XRP ETFs attract inflows amid surge in wallets. Bitcoin and ether funds fight.


XRP held near $1.37 at midday Hong Kong time on Thursday, according to market data from CoinDesk, with new ETF and on-chain data suggesting some investors may be rotating into XRP. Meanwhile, the market leader bitcoin was around $77,400 and ether (eTH) was still under pressure.

Data from CoinGlass shows that XRP-linked funds raised $8.88 million in the latest session, extending a streak of positive flows that includes $18.52 million on May 14 and $10.87 million on May 15. Over the past week, XRP products have attracted approximately $42 million in net inflows.

This has caught the attention of analysts because money has been leaving major publicly traded crypto products. Bitcoin ETFs lost another $100.9 million in the latest daily session, following redemptions of $648.6 million, $331.1 million and $290.4 million earlier in the same stretch. Ether products also remained under pressure, losing $32.6 million in the latest session.

The data suggests a selective appetite for exposure to alternative cryptocurrencies, although the broader XRP network growth trend remains weaker than late 2025 levels.

Chain activity offers a second, although less definitive, signal.

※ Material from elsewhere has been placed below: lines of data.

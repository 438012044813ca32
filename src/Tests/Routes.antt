-- ===== src/Tests/Routes.antt =====
-- The theorems on the routes of the server, with a choice of the first route whose pattern is the path,
-- and those on the ledger.
use router_x.Base.Int.{pos}
use router_x.Base.Float.{Micros, micros_float}
use router_x.Base.{String, Bool, ◌&&◌, Option, some, List, ◌≡◌, refl, str_eq, In}
use router_x.Store.Db.{Tables, healthy, find_row}
use router_x.Store.Queries.{In-find_row}
use router_x.Startup.Routes.{Route, serve}
use router_x.Startup.Routes.Guarded.{IsAdmitted, serve-IsAdmitted}
use router_x.Store.Tenants.{has_id}
use router_x.Store.Settled.{last_after}
use router_x.Api.Ledger.{Settled}
use router_x.Api.Ledger.History.{start, then, routed, topped, History-Settled}
use router_x.Api.Billing.{account}
use router_x.Api.Tenants.{tenant_topup}
use router_x.Tests.Auth.{jwt_of, root_claims}
use router_x.Tests.Chat.{tables, acme, job, answered, services, id_micros, describe_topup}

abbrev is_asked : String → String → Route → Bool
is_asked method path r = str_eq r.method method && str_eq r.pattern path

abbrev pick : String → String → List Route → Option Route
pick method path rs = find_row (is_asked method path) rs

picks :
    (method path : String) (rs : List Route) (r : Route) → pick method path rs ≡ some r → In r rs
picks method path rs r h = In-find_row (is_asked method path) r rs h

serve-IsAdmitted_example :
    IsAdmitted
      (jwt_of root_claims)
      "key"
      5
      "Bearer token"
      (healthy tables)
      (serve
        (jwt_of root_claims)
        "key"
        pick
        5
        "GET"
        "/admin/stats"
        "Bearer token"
        (healthy tables)).0
serve-IsAdmitted_example =
    serve-IsAdmitted (jwt_of root_claims) "key" pick picks 5 "GET" "/admin/stats" "Bearer token"
      (healthy tables)

-- A charge, and a top-up after it.
abbrev charged : Tables Micros
charged = (account services job answered 9 (healthy tables)).1.tables

abbrev topped_up : Tables Micros
topped_up =
    let paid =
      tenant_topup id_micros describe_topup (some "acme") (some (pos 2_000_000))
        (healthy charged) in
    paid.1.tables

tables-Settled : Settled tables
unfolding last_after
tables-Settled id a h = cc

acme_there : find_row (has_id "acme") tables.tenants ≡ some acme
unfolding find_row
acme_there = refl

History-Settled_example : Settled topped_up
History-Settled_example =
    History-Settled services describe_topup (λ (a b : Micros). "adjusted") tables topped_up
      (then (then start (routed tables job answered 9 acme acme_there))
        (topped charged (some "acme") (some (pos 2_000_000))))
      tables-Settled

XRP recorded the fourth-largest daily increase in wallet creations this year, with 4,300 new wallets added in 24 hours, according to Blockchain analytics firm Santiment.

The creation of new portfolios can sometimes indicate new participation in the network, especially when combined with capital inflows.

But Santiment’s broader chart suggests caution.

XRP network growth has been on an overall downward trend since late 2025, making the latest move look more like a sharp one-day spike than clear evidence of sustained adoption.

For traders, the question is whether XRP is seeing the early stages of a broader trading rotation, or simply a burst of short-lived speculative positioning as the broader crypto market remains under pressure.